Obviously to do well on a mountain bike you a need certain level of skill. You also need a high aerobic capacity, similar to road riding, but anaerobic power (those gut busting efforts between 30 seconds and 3 minutes) plays a more significant role in performance on a MTB compared to on the road.
Research has shown that 80% of a MTB race time is spent above lactate threshold and the average heart rate during a race is 90% of max. We are talking a seriously epic suffer score on Strava!
The higher intensity of MTB compared to Road comes down to
• Less opportunity for drafting
• The repeated short sharp plus long gruelling hill climbs
• Increased roll resistance of the tyres
• The demands of riding on technical terrain
• Isometric contractions
The first four points are easily understood but what about isometric contractions? An isometric contraction is when your muscle is producing force without a change of joint angle or muscle length. “Showing your biceps” is an example of an isometric contraction. As you brace with your arms and legs when riding the MTB, these isometric contractions increase energy expenditure and increases heart rate response at sub maximal efforts. This is why your heart rate will remain high even when descending Smedley’s compared to how quickly your heart rate recovers when rolling down Castle Hill on your roadie.
Due to this need for isometric muscle action there is potentially a greater positive effect of upper and lower body strength training on performance for the MTBer compared to our roadie friends (we will cover strength training for MTBers in another article – stay tuned)
So what does this all mean for your MTB specific training? Ditch the aimless distance rides and focus in on those race winning, high intensity efforts.
Start by incorporating short sharp intervals twice a week into your training schedule on non-consecutive days and add a slightly longer threshold session into the mix on the weekend.
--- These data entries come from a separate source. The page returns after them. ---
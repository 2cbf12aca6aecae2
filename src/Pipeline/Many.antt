-- ===== src/Pipeline/Many.antt =====
-- `gst_bin_add_many` and `gst_element_link_many`, whose arguments end at the first NULL, and what they
-- do to elements that are loose.
use deepstream_fpfilter.Prelude.{
  ℕ, ◌≡◌, ◌≢◌, refl, sym, ◌∙◌, Bool, true, false, List, [], ◌∷◌, ◌++◌, ◌==◌, if◌then◌else◌, All,
  All-map, All-zip, All-insert, All-remove, arith,
}
use deepstream_fpfilter.Pipeline.Gst.{Gst, View, IsDocumented, IsFree, Fits, update}
use deepstream_fpfilter.Pipeline.Views.{bin_add_to, link_done, link_to}

module _ (G : Gst) where
  unfoldable pub bin_add_many : ℕ → List ℕ → G.World → G.World
  bin_add_many bin [] w = w
  bin_add_many bin (e ∷ es) w =
      let rest = bin_add_many bin es (G.bin_add bin e w) in if e == 0 then w else rest

  -- From the element that has been linked last; it stops at the first link that fails.
  unfoldable pub link_from : ℕ → List ℕ → G.World → Bool × G.World
  link_from a [] w = (true, w)
  link_from a (b ∷ es) w =
      let (linked, w') = G.link a b w in
      let rest = link_from b es w' in
      if b == 0 then (true, w) else if linked then rest else (false, w')

-- The links once each element is linked to the next.
abbrev pub chain : ℕ → List ℕ → (ℕ → ℕ) → ℕ → ℕ
chain a [] next = next
chain a (b ∷ es) next = chain b es (update next a b)

-- The bins once the elements are in `bin`.
abbrev pub inside : ℕ → List ℕ → (ℕ → ℕ) → ℕ → ℕ
inside bin [] parent = parent
inside bin (e ∷ es) parent = inside bin es (update parent e bin)

abbrev pub Distinct : List ℕ → Type 0
Distinct [] = Unit
Distinct (e ∷ es) = All (λ x. e ≢ x) es × Distinct es

-- The element is not NULL, linked to nothing and in no bin.
pub record IsLoose (v : View) (e : ℕ) : Type 0 where
  pub some : e ≢ 0
  pub open_end : v.next e ≡ 0
  pub free : IsFree v.next e
  pub alone : v.parent e ≡ 0

-- The pads of each element fit those of the next.
abbrev pub RowFits : Gst → ℕ → List ℕ → Type 0
RowFits G a [] = Unit
RowFits G a (b ∷ es) = Fits G a b × RowFits G b es

module _ (G : Gst) (L : IsDocumented G) where
  pub bin_add_many-view :
      (bin : ℕ) (es : List ℕ) (w : G.World) (v : View)
      → G.view w ≡ v
      → All (λ e. (e ≢ 0) × (v.parent e ≡ 0)) es
      → Distinct es
      → G.view (bin_add_many G bin es w) ≡ record v { parent = inside bin es v.parent }
  unfolding bin_add_many
  bin_add_many-view bin [] w v at_v h d = at_v
  bin_add_many-view bin (e ∷ es) w v at_v ((some, alone), h) (apart, d) =
      let rest =
        bin_add_many-view bin es (G.bin_add bin e w) (record v { parent = update v.parent e bin })
          (bin_add_to G L w v at_v bin e alone)
          (All-map (λ x ((s, p), ne). (s, ground arith)) es (All-zip _ _ es h apart)) d in
      ground arith

  -- Where the whole row has been linked.
  pub link_from_done :
      (a : ℕ) (es : List ℕ) (w : G.World) (v : View)
      → G.view w ≡ v
      → All (λ e. e ≢ 0) es
      → (link_from G a es w).0 ≡ true
      → G.view (link_from G a es w).1 ≡ record v { next = chain a es v.next }
  unfolding link_from
  link_from_done a [] w v at_v h ok = at_v
  link_from_done a (b ∷ es) w v at_v (some, h) ok =
      let linked : (G.link a b w).0 ≡ true = ground (arith, some, ok) in
      let rest =
        link_from_done b es (G.link a b w).1 (record v { next = update v.next a b })
          (link_done G L w v at_v a b linked) h (ground (arith, some, ok)) in
      ground arith

  -- Elements in one bin that are linked to nothing and fit, one after the other, are all linked.
  pub link_from_fits :
      (bin a : ℕ) (es : List ℕ) (w : G.World) (v : View)
      → G.view w ≡ v
      → RowFits G a es
      → v.next a ≡ 0
      → v.parent a ≡ bin
      → All (λ e. (v.next e ≡ 0) × IsFree v.next e × (v.parent e ≡ bin)) es
      → Distinct (a ∷ es)
      → (link_from G a es w).0 ≡ true
  unfolding link_from
  link_from_fits bin a [] w v at_v fits open_a in_bin h d = refl
  link_from_fits bin a (b ∷ es) w v at_v (fit, fits) open_a in_bin ((open_b, free_b, b_in), h)
        ((ne, apart), (apart_b, d)) =
      let (linked, at₁) = link_to G L w v at_v a b fit open_a free_b (in_bin ∙ sym b_in) in
      let rest =
        link_from_fits bin b es (G.link a b w).1 (record v { next = update v.next a b }) at₁ fits
          (ground arith) b_in
          (All-map (λ x ((o, f, p), (ne_a, ne_b)). (ground arith, (λ y e. ground (arith, f y)), p))
            es (All-zip _ _ es h (All-zip _ _ es apart apart_b)))
          (apart_b, d) in
      ground arith

-- What is not linked keeps its links.
pub chain_other :
    (a : ℕ) (es : List ℕ) (next : ℕ → ℕ) (x : ℕ)
    → All (λ e. x ≢ e) (a ∷ es)
    → chain a es next x ≡ next x
chain_other a [] next x h = refl
chain_other a (b ∷ es) next x (ne, h) =
    let rest = chain_other b es (update next a b) x h in ground arith

pub chain-IsFree :
    (a : ℕ) (es : List ℕ) (next : ℕ → ℕ) (x : ℕ)
    → IsFree next x
    → All (λ e. x ≢ e) es
    → IsFree (chain a es next) x
chain-IsFree a [] next x free h = free
chain-IsFree a (b ∷ es) next x free (ne, h) =
    chain-IsFree b es (update next a b) x (λ y e. ground (arith, free y)) h

pub inside_other :
    (bin : ℕ) (es : List ℕ) (parent : ℕ → ℕ) (x : ℕ)
    → All (λ e. x ≢ e) es
    → inside bin es parent x ≡ parent x
inside_other bin [] parent x h = refl
inside_other bin (e ∷ es) parent x (ne, h) =
    let rest = inside_other bin es (update parent e bin) x h in ground arith

pub Distinct-insert :
    (xs ys : List ℕ) (e : ℕ)
    → All (λ x. x ≢ e) (xs ++ ys)
    → Distinct (xs ++ ys)
    → Distinct (xs ++ (e ∷ ys))
Distinct-insert [] ys e h d = (All-map (λ x ne g. ne (sym g)) ys h, d)
Distinct-insert (x ∷ xs) ys e (ne, h) (apart, d) =
    (All-insert _ xs ys ne apart, Distinct-insert xs ys e h d)

-- The elements are loose, and no two are the same.
pub record AreLoose (v : View) (es : List ℕ) : Type 0 where
  pub each : All (IsLoose v) es
  pub distinct : Distinct es

Distinct-remove :
    (xs ys : List ℕ) (e : ℕ)
    → Distinct (xs ++ (e ∷ ys))
    → All (λ x. x ≢ e) (xs ++ ys) × Distinct (xs ++ ys)
Distinct-remove [] ys e (apart, d) = (All-map (λ x ne g. ne (sym g)) ys apart, d)
Distinct-remove (x ∷ xs) ys e (apart, d) =
    let (h, g) = Distinct-remove xs ys e d in
    let (ne, rest) = All-remove _ xs ys apart in ((ne, h), (rest, g))

-- An element is put aside, and back at another place.
pub AreLoose-remove :
    (v : View) (xs ys : List ℕ) (e : ℕ)
    → AreLoose v (xs ++ (e ∷ ys))
    → IsLoose v e × All (λ x. x ≢ e) (xs ++ ys) × AreLoose v (xs ++ ys)
AreLoose-remove v xs ys e l =
    let (loose, each) = All-remove (IsLoose v) xs ys l.each in
    let (apart, distinct) = Distinct-remove xs ys e l.distinct in
    (loose, apart, record { each = each; distinct = distinct })

pub AreLoose-insert :
    (v : View) (xs ys : List ℕ) (e : ℕ)
    → IsLoose v e
    → All (λ x. x ≢ e) (xs ++ ys)
    → AreLoose v (xs ++ ys)
    → AreLoose v (xs ++ (e ∷ ys))
AreLoose-insert v xs ys e loose apart l = record {
  each = All-insert (IsLoose v) xs ys loose l.each;
  distinct = Distinct-insert xs ys e apart l.distinct;
}

-- The first two of a chain.
pub chain_head :
    (b c : ℕ) (es : List ℕ) (next : ℕ → ℕ) → Distinct (b ∷ c ∷ es) → chain b (c ∷ es) next b ≡ c
chain_head b c es next (apart, d) =
    let kept = chain_other c es (update next b c) b apart in ground arith

-- What is linked to an element that nothing in the chain leads to was linked to it before.
pub chain_target :
    (a : ℕ) (es : List ℕ) (next : ℕ → ℕ) (x c : ℕ)
    → All (λ e. c ≢ e) es
    → chain a es next x ≡ c
    → next x ≡ c
chain_target a [] next x c h g = g
chain_target a (b ∷ es) next x c (ne, h) g =
    let rest = chain_target b es (update next a b) x c h g in ground arith

pub chain_only_head :
    (b c : ℕ) (es : List ℕ) (next : ℕ → ℕ) (x : ℕ)
    → Distinct (b ∷ c ∷ es)
    → IsFree next c
    → chain b (c ∷ es) next x ≡ c
    → x ≡ b
chain_only_head b c es next x (_, (apart, _)) free g =
    let before = chain_target c es (update next b c) x c apart g in ground (arith, free x)

pub inside_member :
    (bin : ℕ) (xs ys : List ℕ) (e : ℕ) (parent : ℕ → ℕ)
    → All (λ x. e ≢ x) ys
    → inside bin (xs ++ (e ∷ ys)) parent e ≡ bin
inside_member bin [] ys e parent h = inside_other bin ys (update parent e bin) e h ∙ ground arith
inside_member bin (x ∷ xs) ys e parent h = inside_member bin xs ys e (update parent x bin) h

pub inside_members :
    (bin : ℕ) (es : List ℕ) (parent : ℕ → ℕ)
    → Distinct es
    → All (λ e. inside bin es parent e ≡ bin) es
inside_members bin [] parent d = tt
inside_members bin (e ∷ es) parent (apart, d) =
    (inside_member bin [] es e parent apart, inside_members bin es (update parent e bin) d)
A MTB specific training week might look something like this:
Tuesday – after a 10 minute warm up, complete 5 x 3 minutes hard efforts with 3 minutes recovery between intervals. You should be feeling the pinch at the end of effort. Push yourself to really nail those 3 minutes.
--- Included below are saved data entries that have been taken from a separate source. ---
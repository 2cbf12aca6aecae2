-- ===== src/Pipeline/Making.antt =====
-- What the documentation of GStreamer says of the calls that make elements and set their properties.
use deepstream_fpfilter.Prelude.{ℕ, Bool, ◌≡◌, ◌≢◌, String, if◌then◌else◌}
use deepstream_fpfilter.Pipeline.Gst.{Gst, Value, Callback, IsFree, update}

pub record IsMaking (G : Gst) : Type 1 where
  -- the element has been made before
  pub Exists : G.World → ℕ → Type 0
  -- an element that is not there yet is linked to nothing and in no bin
  pub loose :
      (w : G.World) (e : ℕ)
      → ¬ Exists w e
      → e ≢ 0
      → ((G.view w).next e ≡ 0) × IsFree (G.view w).next e × ((G.view w).parent e ≡ 0)
  -- `gst_element_factory_make` gives a new element or NULL
  pub made_new :
      (name : String) (w : G.World)
      → (G.factory_make name w).0 ≢ 0
      → (¬ Exists w (G.factory_make name w).0)
        × Exists (G.factory_make name w).1 (G.factory_make name w).0
  pub made_keeps :
      (name : String) (w : G.World) (e : ℕ) → Exists w e → Exists (G.factory_make name w).1 e
  pub made-view : (name : String) (w : G.World) → G.view (G.factory_make name w).1 ≡ G.view w
  -- `gst_bin_new` and `gst_pipeline_new` give a new bin
  pub bin_new-New :
      (w : G.World)
      → ((G.bin_new w).0 ≢ 0)
        × (¬ Exists w (G.bin_new w).0)
        × Exists (G.bin_new w).1 (G.bin_new w).0
  -- these calls free no element
  pub bin_new_keeps : (w : G.World) (e : ℕ) → Exists w e → Exists (G.bin_new w).1 e
  pub set_keeps :
      (x : ℕ) (name : String) (value : Value) (w : G.World) (e : ℕ)
      → Exists w e
      → Exists (G.set x name value w) e
  pub bin_add_keeps : (bin x : ℕ) (w : G.World) (e : ℕ) → Exists w e → Exists (G.bin_add bin x w) e
  pub link_keeps : (a b : ℕ) (w : G.World) (e : ℕ) → Exists w e → Exists (G.link a b w).1 e
  pub pad_link_keeps :
      (src sink : ℕ) (w : G.World) (e : ℕ) → Exists w e → Exists (G.pad_link src sink w).1 e
  pub request_keeps :
      (x : ℕ) (name : String) (w : G.World) (e : ℕ)
      → Exists w e
      → Exists (G.get_request_pad x name w).1 e
  -- `gst_bin_remove` may free the element that it removes, and what is in that; what else is in the
  -- bin is kept
  pub bin_remove_keeps :
      (bin x : ℕ) (w : G.World) (e : ℕ)
      → (G.view w).parent e ≡ bin
      → e ≢ x
      → Exists w e
      → Exists (G.bin_remove bin x w) e
  pub pad_unlink_keeps :
      (src sink : ℕ) (w : G.World) (e : ℕ) → Exists w e → Exists (G.pad_unlink src sink w).1 e
  pub send_eos_keeps : (pad : ℕ) (w : G.World) (e : ℕ) → Exists w e → Exists (G.send_eos pad w) e
  pub set_state_keeps :
      (x : ℕ) (on : Bool) (w : G.World) (e : ℕ) → Exists w e → Exists (G.set_state x on w) e
  pub add_ghost_pad_keeps :
      (bin : ℕ) (name : String) (pad : ℕ) (w : G.World) (e : ℕ)
      → Exists w e
      → Exists (G.add_ghost_pad bin name pad w).1 e
  pub caps_keeps :
      (caps : String) (w : G.World) (e : ℕ) → Exists w e → Exists (G.caps_from_string caps w).1 e
  pub connect_keeps :
      (x : ℕ) (f : Callback) (w : G.World) (e : ℕ) → Exists w e → Exists (G.connect x f w) e
  pub caps-view : (caps : String) (w : G.World) → G.view (G.caps_from_string caps w).1 ≡ G.view w
  pub connect-view : (x : ℕ) (f : Callback) (w : G.World) → G.view (G.connect x f w) ≡ G.view w
  pub request-view :
      (e : ℕ) (name : String) (w : G.World) → G.view (G.get_request_pad e name w).1 ≡ G.view w
  -- the element that a pad belongs to
  pub owner : G.World → ℕ → ℕ
  pub static_pad-owner :
      (e : ℕ) (name : String) (w : G.World)
      → G.get_static_pad e name w ≢ 0
      → owner w (G.get_static_pad e name w) ≡ e
  pub request_pad-owner :
      (e : ℕ) (name : String) (w : G.World)
      → (G.get_request_pad e name w).0 ≢ 0
      → owner (G.get_request_pad e name w).1 (G.get_request_pad e name w).0 ≡ e
  -- `gst_pad_link` links the two pads, or does nothing
  pub pad_link-view :
      (src sink : ℕ) (w : G.World)
      → G.view (G.pad_link src sink w).1 ≡ record (G.view w) {
        next =
            if (G.pad_link src sink w).0
            then update (G.view w).next (owner w src) (owner w sink)
            else (G.view w).next;
      }
  pub bin_new-view : (w : G.World) → G.view (G.bin_new w).1 ≡ G.view w
  pub set-view :
      (e : ℕ) (name : String) (value : Value) (w : G.World)
      → G.view (G.set e name value w) ≡ G.view w
  pub add_ghost_pad-view :
      (bin : ℕ) (name : String) (pad : ℕ) (w : G.World)
      → G.view (G.add_ghost_pad bin name pad w).1 ≡ G.view w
Thursday – after a 10 minute warm up, 8 x 30 seconds sprint, flat out, as fast and hard as you can go with a 4.5 minute recovery between efforts
Saturday – after a 10 minute warm up complete 2 x 8 minutes, solid effort really pushing in the last 30 seconds. 5 minute of easy pedalling recover between intervals.
Smart, specific MTB training – that’s what needed. Focus in on the efforts that really count. You will see rapid improvements in your fitness and will ensure you get the most bang for your training buck to be smoking it on Under the Radar.